(Dataset entries)
= = =
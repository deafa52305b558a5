-- ===== src/Logbook/Writer.antt =====
-- `AttachmentWriter` of logbook/attachment.py. A round of its thread is one step: what comes between
-- the take and the write of a job is left out.
use auto_weaver.Prelude.{
  ℕ, ◌+◌, String, Bool, true, false, Option, none, some, List, [], ◌∷◌, ◌++◌, length, ◌==◌, nat_eq,
}
use auto_weaver.Value.{Result, ok, err}
use auto_weaver.Delivery
use auto_weaver.Delivery.{ObservationQueue, DropPolicy}

-- An attachment's payload is told apart by a number.
pub record Attachment : Type 0 where
  pub filename : String
  pub subdir : String
  pub payload : ℕ

-- The path is taken from the run directory.
pub record Job : Type 0 where
  pub path : String
  pub attachment : Attachment

-- `stopped` is the event `_stop`, and the path of an abandoned job is kept with the job.
pub record AttachmentWriter : Type 0 where
  pub queue : ObservationQueue Job
  pub written : ℕ
  pub abandoned : List Job
  pub stopped : Bool

abbrev pub made : Result (ObservationQueue Job) → Result AttachmentWriter
made (err e) = err e
made (ok q) = ok (record { queue = q; written = 0; abandoned = []; stopped = false })

unfoldable pub new_writer : ℕ → DropPolicy → Result AttachmentWriter
new_writer capacity policy = made (Delivery.new capacity policy)

unfoldable pub submit : Job → AttachmentWriter → Bool × AttachmentWriter
submit job w = let r = Delivery.offer job w.queue in (r.0, record w { queue = r.1 })

-- a job that is taken, and what its write does; what it raises is logged
abbrev pub after_take :
    Result (Unit {0}) → Option Job × ObservationQueue Job → AttachmentWriter → AttachmentWriter
after_take saved (none, q) w = record w { queue = q }
after_take (ok t) (some job, q) w = record w { queue = q; written = w.written + 1 }
after_take (err e) (some job, q) w = record w { queue = q }

abbrev pub round_unless : Bool → Result (Unit {0}) → AttachmentWriter → AttachmentWriter
round_unless true saved w = w
round_unless false saved w = after_take saved (Delivery.take w.queue) w

-- one round of `_loop`
unfoldable pub round : Result (Unit {0}) → AttachmentWriter → AttachmentWriter
round saved w = round_unless w.stopped saved w

unfoldable pub rounds : List (Result (Unit {0})) → AttachmentWriter → AttachmentWriter
unfolding round
rounds [] w = w
rounds (saved ∷ more) w = rounds more (round saved w)

unfoldable pub take_dropped : AttachmentWriter → ℕ × AttachmentWriter
take_dropped w = let r = Delivery.take_dropped w.queue in (r.0, record w { queue = r.1 })

-- the part of `close` behind the drain
unfoldable pub stop : AttachmentWriter → AttachmentWriter
stop w =
    let r = Delivery.abandon (Delivery.close w.queue) in
    record w { queue = r.1; abandoned = w.abandoned ++ r.0; stopped = true }

-- `close`, with what the thread does while it drains, and whether the queue is empty then
unfoldable pub close : List (Result (Unit {0})) → AttachmentWriter → Bool × AttachmentWriter
unfolding rounds stop
close during w = let w' = rounds during w in (length w'.queue.items == 0, stop w')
= = =
▶ _AIM OF THE EXERCISE_
Would you copy exactly the lines from the one that contains "unfoldable pub close" through the final line of the records above, including both?

▶ _ANSWER TO THE PROBLEM_
unfoldable pub close : List (Result (Unit {0})) → AttachmentWriter → Bool × AttachmentWriter
unfolding rounds stop
close during w = let w' = rounds during w in (length w'.queue.items == 0, stop w')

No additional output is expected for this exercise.